Beyond cross-collaboration between support and CE, you can also educate your internal stakeholders on the difference between a help center and a learning management system. Fortunately, there's a simple analogy that can get your point across.


A help center is to an LMS what a library is to a school

Think about the purpose of a library. It's where you go when you know what you want to learn. The most important two features of a library are the quality of information it contains and the searchability of its content. A help center is the same way. You want it to contain articles that are accurate and easy to browse. When someone comes to your library on their own, they probably have a topic in mind. And if they don't know what they need to learn, your CSMs can always recommend books.

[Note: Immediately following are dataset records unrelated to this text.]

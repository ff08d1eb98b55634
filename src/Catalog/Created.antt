-- ===== src/Catalog/Created.antt =====
-- A seller gets a store. services/catalog/src/modules/stores/stores.service.ts
use seapedia.Prelude.{
  ℕ, suc, ◌≡◌, refl, arith, inl, inr, Bool, true, false, ◌&&◌, ◌||◌, none, List, [], ◌∷◌, is_some,
  find, length, Bool-cases,
}
use seapedia.Platform.Monad.{Env, ok}
use seapedia.Discounts.Codes.{same_code}
use seapedia.Catalog.Slugs.{Text, candidate, slugify}
use seapedia.Catalog.Free.{taken_in, unique_slug_found}
use seapedia.Catalog.Schema.{CatalogDb}
use seapedia.Catalog.Stores.{
  is_store, is_seller, is_not, same_name, name_taken, store_slug, get_unique_slug, clashes_with,
  insert_store, new_store, insert_and_tell, create_with, create, StoreInput,
}

find_either :
    {A : Type 0} (p q : A → Bool) (xs : List A)
    → find p xs ≡ none
    → find q xs ≡ none
    → find (λ x. p x || q x) xs ≡ none
find_either p q [] e f = refl
find_either p q (x ∷ xs) e f = elim (Bool-cases (p x)) [
  | inl t ↦ cc (rw t at e)
  | inr t ↦ elim (Bool-cases (q x)) [
    | inl u ↦ cc (rw u at f)
    | inr u ↦ rw (t, u) (find_either p q xs (rw t at e) (rw u at f))
  ]
]

and_true :
    {A : Type 0} (p : A → Bool) (xs : List A)
    → is_some (find (λ x. p x && true) xs) ≡ false
    → find p xs ≡ none
and_true p [] e = refl
and_true p (x ∷ xs) e = elim (Bool-cases (p x)) [
  | inl t ↦ cc (rw t at e)
  | inr t ↦ rw t (and_true p xs (rw t at e))
]

-- A seller without a store who asks for one under a name that no store has, in any case, gets it: the
-- search for a slug ends, with the slug of the name or that slug and a number, no store has the slug, and
-- the insert meets none of the unique indexes, if the store's uuid is new.
pub create_store_succeeds :
    (env : Env) (user : ℕ) (input : StoreInput) (d : CatalogDb)
    → find (is_seller user) d.stores ≡ none
    → name_taken input.name none d ≡ false
    → find (is_store (env.uuid 0)) d.stores ≡ none
    → (slug : Text) × (((create env user input d).0 ≡ ok (new_store env user input slug))
        × ((taken_in store_slug (is_not none) d.stores slug ≡ false)
            × ((n : ℕ) × (slug ≡ candidate (slugify input.name) n))))
unfolding create create_with insert_and_tell insert_store name_taken get_unique_slug
create_store_succeeds env user input d no_store free_name fresh =
    let (slug, (found, (free, form))) =
      unique_slug_found store_slug (is_not none) input.name (suc (length d.stores)) d.stores
        (omega arith) in
    let s = new_store env user input slug in
    let open_slug : find (λ x. same_code x.slug slug) d.stores ≡ none =
      and_true (λ x. same_code x.slug slug) d.stores free in
    let open_name : find (λ x. same_name x.name input.name) d.stores ≡ none =
      and_true (λ x. same_name x.name input.name) d.stores free_name in
    let clear : find (clashes_with s) d.stores ≡ none =
      find_either (λ x. is_store (env.uuid 0) x || is_seller user x || same_code x.slug slug)
        (λ x. same_name x.name input.name) d.stores
        (find_either (λ x. is_store (env.uuid 0) x || is_seller user x) (λ x. same_code x.slug slug)
          d.stores (find_either (is_store (env.uuid 0)) (is_seller user) d.stores fresh no_store)
          open_slug)
        open_name in
    (slug, (rw (no_store, free_name, found, clear), (free, form)))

A school is where you go when you don't know what you need to learn, or when you need additional guidance on a topic. Schools follow a curriculum designed to help students achieve benchmarks of academic success intended to translate to real-world success. Your customer education program should do the same thing. Identify key business outcomes you want your customers to achieve and communicate these outcomes at the start of each course*. Like a school, your LMS keeps student records, including records of their achievements if you run certification programs, which you definitely should.


You don't go to school to learn every piece of information you could possibly learn. You go to school to learn what you need to know to be a successful member of society. There's definitely such a thing as too much school, and customer education programs should likewise be wary of creating too much content, especially considering the cost of upkeep. Help centers should also be wary of creating too much content, but they should easily have far more information than your LMS. Unlike books in a library, help center content is likely to have a fairly short lifespan, and just like eLearning content, it requires upkeep. While both tools are a fixed cost that will help your business operate at scale, they perform distinct, equally necessary business functions.


*These outcomes should connect to tangible results, like time back in their day, increased operational efficiency, and ultimately money back on their balance sheet. Learning outcomes should convey why the customer should learn your product.